Study on Image Superpixel Segmentation Algorithms based on Structure Optimization


Student thesis: Doctoral Thesis

View graph of relations


Related Research Unit(s)


Awarding Institution
Award date2 Feb 2021


Superpixel segmentation is a basic task aiming at grouping pixels into some high-level primitives based on the intrinsic properties, such as coherent color and similar texture. Instead of discretizing pixel-level entities, superpixels can produce perceptually meaningful atomic units that adhere to object boundaries and reduce the number of primitives. As the basic processing unit, superpixel has been widely used in many tasks, such as image enhancement, saliency detection, image segmentation, video segmentation, object tracking, object recognition, medical image retrieval, medical image segmentation, video analysis and summarization.  The notable achievement of superpixel is contributed to its consistence with human visual recognition and less data redundancy.

Most of the existing algorithms can achieve excellent segmentation performance and decrease the number of primitives.  However, there still exist some drawbacks and bottleneck, for example, the irregular shape of superpixels, the loss of detailed information in superpixel segmentation, and the combination of conventional superpixel segmentation methods with multi-view images, and so on. In view of the above problems, this thesis puts forward corresponding improvement measures respectively to promote the further development of this field.

One obvious disadvantage is that the shape of superpixels is irregular, which may induce the substantial increases in data storage of subsequent operations. The original intention of superpixel segmentation is to reduce the number of primitives not only from the visible image content, but also from the consideration of storage and operation.  Therefore, generating the storage-efficient and regular-shape superpixels is a crucial issue. For the irregular shape of superpixel, a superpixel segmentation method is proposed to generate approximately structural superpixels with sharp boundary adherence and comprehensive semantic information. The superpixel segmentation is formulated as a square-wise asymmetric partition problem, where the semantic perceptual superpixels are recorded in square level to preserve abundant semantic information and save storage simultaneously. Moreover, in order to achieve regular-shape superpixel units to better adhere to image boundaries and contours, a combinatorial optimization strategy is devised to achieve an optimal combination of squares and isolated pixels.
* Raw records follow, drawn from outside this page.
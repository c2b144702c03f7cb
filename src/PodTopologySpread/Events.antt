-- ===== src/PodTopologySpread/Events.antt =====
-- pkg/podtopologyspread/plugin.go: `EventsToRegister`, and what of the events its hints hear.
use cozystack_scheduler.Prelude.{
  ℕ, ◌≡◌, refl, Bool, true, false, ◌&&◌, ◌||◌, List, [], ◌∷◌, ◌++◌, if◌then◌else◌, any, arith, eqb,
  Bool-cases, inl, inr, ◌==◌, string_eq,
}
use cozystack_scheduler.Result.{Result, ok, err}
use cozystack_scheduler.Api.{Labels, Pod, Node}
use cozystack_scheduler.Framework.{
  EventAction, add, delete, update_pod_label, update_pod_toleration, update_node_label,
  update_node_taint, ClusterEventWithHint, pod_events, node_events, node_arrivals, Event, created,
  deleted, updated, QueueingHint, queue, queue_skip,
}
use cozystack_scheduler.PodTopologySpread.{
  Constraint, PodTopologySpread, get_constraints, node_labels_match_spread_constraints,
}
use cozystack_scheduler.GoMap.{lookup_or}
use cozystack_scheduler.PodTopologySpread.Hints.{
  DeepEqual, differ, check_topology_key_labels_changed, event_involved, pod_change_hint,
  node_change_hint, is_schedulable_after_pod_change, is_schedulable_after_node_change,
}

-- By `enableSchedulingQueueHint`, which only `EventsToRegister` reads.
abbrev pub pod_action_type : Bool → List EventAction
pod_action_type enabled =
    if enabled
    then add ∷ update_pod_label ∷ update_pod_toleration ∷ delete ∷ []
    else add ∷ update_pod_label ∷ delete ∷ []

abbrev pub events_to_register :
    {S R Object Raw : Type 0}
    → PodTopologySpread S R Object Raw
    → DeepEqual
    → Bool
    → List ClusterEventWithHint
events_to_register pl eq enabled =
    pod_events (pod_action_type enabled) (is_schedulable_after_pod_change pl eq)
    ∷ node_events (add ∷ delete ∷ update_node_label ∷ update_node_taint ∷ [])
        (is_schedulable_after_node_change pl eq)
    ∷ []

abbrev bit : EventAction → ℕ
bit add = 0
bit delete = 1
bit update_pod_label = 2
bit update_pod_toleration = 3
bit update_node_label = 4
bit update_node_taint = 5

-- The two sets of actions meet.
abbrev pub meets : List EventAction → List EventAction → Bool
meets registered actions = any (λ a. any (λ b. eqb (bit a) (bit b)) registered) actions

-- What an event does to the pod or the node.
abbrev pub pod_actions : DeepEqual → Event Pod → List EventAction
pod_actions eq (created new) = add ∷ []
pod_actions eq (deleted old) = delete ∷ []
pod_actions eq (updated old new) =
    (if eq.same_labels new.labels old.labels then [] else update_pod_label ∷ [])
    ++ (if eq.same_tolerations new.spec.tolerations old.spec.tolerations
        then []
        else update_pod_toleration ∷ [])

abbrev pub node_actions : DeepEqual → Event Node → List EventAction
node_actions eq (created new) = add ∷ []
node_actions eq (deleted old) = delete ∷ []
node_actions eq (updated old new) =
    (if eq.same_labels old.labels new.labels then [] else update_node_label ∷ [])
    ++ (if eq.same_taints old.taints new.taints then [] else update_node_taint ∷ [])

-- An error queues the pod.
abbrev pub queues : Result QueueingHint → Bool
queues (err e) = true
queues (ok queue) = true
queues (ok queue_skip) = false

-- An entry of the list has an action of the event, and its hint queues the pod.
abbrev pub pod_heard : DeepEqual → List ClusterEventWithHint → Pod → Event Pod → Bool
pod_heard eq [] pod event = false
pod_heard eq (pod_events actions hint ∷ events) pod event =
    (meets actions (pod_actions eq event) && queues (hint pod event))
    || pod_heard eq events pod event
pod_heard eq (node_events actions hint ∷ events) pod event = pod_heard eq events pod event
pod_heard eq (node_arrivals actions hint ∷ events) pod event = pod_heard eq events pod event

abbrev pub node_heard : DeepEqual → List ClusterEventWithHint → Pod → Event Node → Bool
node_heard eq [] pod event = false
node_heard eq (pod_events actions hint ∷ events) pod event = node_heard eq events pod event
node_heard eq (node_events actions hint ∷ events) pod event =
    (meets actions (node_actions eq event) && queues (hint pod event))
    || node_heard eq events pod event
node_heard eq (node_arrivals actions hint ∷ events) pod event = node_heard eq events pod event

and_true : (a b : Bool) → a ≡ true → ((a && b) || false) ≡ b
and_true a b h = ground arith

and_false : (a b : Bool) → b ≡ false → ((a && b) || false) ≡ b
and_false a b h = ground arith

same_labels-unchanged :
    {S : Type 0} (cs : List (Constraint S)) (a : Labels)
    → check_topology_key_labels_changed a a cs ≡ false
same_labels-unchanged [] a = refl
same_labels-unchanged (c ∷ cs) a =
    let value = lookup_or "" c.topology_key a in
    let self : value == value ≡ true = (string_eq.beq_iff value value).1 refl in
    rw (check_topology_key_labels_changed, self) (same_labels-unchanged cs a)

differ_self : (b : Bool) → differ b b ≡ false
differ_self true = refl
differ_self false = refl

module _ {S R Object Raw : Type 0} (pl : PodTopologySpread S R Object Raw) (eq : DeepEqual)
    (pod : Pod) (cs : List (Constraint S)) where
  unchanged_pod-skip :
      (old new : Pod)
      → eq.same_labels new.labels old.labels ≡ true
      → eq.same_tolerations new.spec.tolerations old.spec.tolerations ≡ true
      → get_constraints pl pod ≡ ok cs
      → queues (is_schedulable_after_pod_change pl eq pod (updated old new)) ≡ false
  unfolding is_schedulable_after_pod_change
  unchanged_pod-skip old new h k found = elim (Bool-cases (event_involved pod (updated old new))) [
    | inl e ↦
        let skipped : pod_change_hint pl eq pod cs (updated old new) ≡ queue_skip =
          rw (pod_change_hint, h, k) (ground arith) in
        rw (is_schedulable_after_pod_change, e, found, skipped) refl
    | inr e ↦ rw (is_schedulable_after_pod_change, e) refl
  ]

  unchanged_node-skip :
      (old new : Node)
      → old.labels ≡ new.labels
      → eq.same_taints old.taints new.taints ≡ true
      → get_constraints pl pod ≡ ok cs
      → queues (is_schedulable_after_node_change pl eq pod (updated old new)) ≡ false
  unfolding is_schedulable_after_node_change
  unchanged_node-skip old new h k found =
      let matching = node_labels_match_spread_constraints new.labels cs in
      let skipped : node_change_hint pl eq cs (updated old new) ≡ queue_skip =
        rw (node_change_hint, h, k, differ_self matching, same_labels-unchanged cs new.labels)
          (ground arith) in
      rw (is_schedulable_after_node_change, found, skipped) refl

  pod-heard :
      (event : Event Pod)
      → get_constraints pl pod ≡ ok cs
      → pod_heard eq (events_to_register pl eq true) pod event
        ≡ queues (is_schedulable_after_pod_change pl eq pod event)
  pod-heard (created new) found = and_true true _ refl
  pod-heard (deleted old) found = and_true true _ refl
  pod-heard (updated old new) found = elim (Bool-cases (eq.same_labels new.labels old.labels)) [
    | inr h ↦ rw (pod_heard, h) (and_true _ _ refl)
    | inl h ↦ elim (Bool-cases (eq.same_tolerations new.spec.tolerations old.spec.tolerations)) [
      | inr k ↦ rw (pod_heard, h, k) (and_true _ _ refl)
      | inl k ↦ and_false _ _ (unchanged_pod-skip old new h k found)
    ]
  ]

  node-heard :
      (event : Event Node) (enabled : Bool)
      → ((a b : Labels) → eq.same_labels a b ≡ true → a ≡ b)
      → get_constraints pl pod ≡ ok cs
      → node_heard eq (events_to_register pl eq enabled) pod event
        ≡ queues (is_schedulable_after_node_change pl eq pod event)
  node-heard (created new) enabled exact found = and_true true _ refl
  node-heard (deleted old) enabled exact found = and_true true _ refl
  node-heard (updated old new) enabled exact found =
      elim (Bool-cases (eq.same_labels old.labels new.labels)) [
        | inr h ↦ rw (node_heard, h) (and_true _ _ refl)
        | inl h ↦ elim (Bool-cases (eq.same_taints old.taints new.taints)) [
          | inr k ↦ rw (node_heard, h, k) (and_true _ _ refl)
          | inl k ↦
              and_false _ _ (unchanged_node-skip old new (exact old.labels new.labels h) k found)
        ]
      ]

  -- With the queueing hints on, where the pod's constraints are found and DeepEqual tells labels
  -- apart: the registered actions hide no event that a hint queues the pod for. An entry has an
  -- action of the event and its hint queues the pod, exactly if the hint for such events does: on
  -- pods that are added, deleted, or updated in labels or tolerations, and on nodes that are added,
  -- deleted, or updated in labels or taints.
  pub events_to_register-heard :
      (pod_event : Event Pod) (node_event : Event Node)
      → ((a b : Labels) → eq.same_labels a b ≡ true → a ≡ b)
      → get_constraints pl pod ≡ ok cs
      → (pod_heard eq (events_to_register pl eq true) pod pod_event
          ≡ queues (is_schedulable_after_pod_change pl eq pod pod_event))
        × (node_heard eq (events_to_register pl eq true) pod node_event
            ≡ queues (is_schedulable_after_node_change pl eq pod node_event))
  events_to_register-heard pod_event node_event exact found =
      (pod-heard pod_event found, node-heard node_event true exact found)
Another obvious weakness of the existing superpixel methods is the limitation to adapt to the local image details, such as the content boundaries and object contours. And in many cases of practical problems and industrial tasks, the local details are the key information, which should not be ignored. For most methods, the detailed boundaries of image content are still hard to be well preserved, due to the lack of the prior knowledge about the shape and size of the superpixels in an image.  These methods have to increase the number of superpixels and reduce the superpixel size to achieve the detailed boundaries. This may usually lead to large data redundancy in the sparse area, which is unwillingness for practical tasks. How to balance the detailed information and superpixel number is a challenging problem for superpixel segmentation to be applied in industrial tasks. To keep detailed image boundaries, a spatial regularization term to emphasize the spatial correlation is devised, and a spatially constrained subspace clustering based superpixel segmentation model is proposed to generate superpixels with more accurate and detailed boundaries, which is more appropriate for practical and industrial tasks.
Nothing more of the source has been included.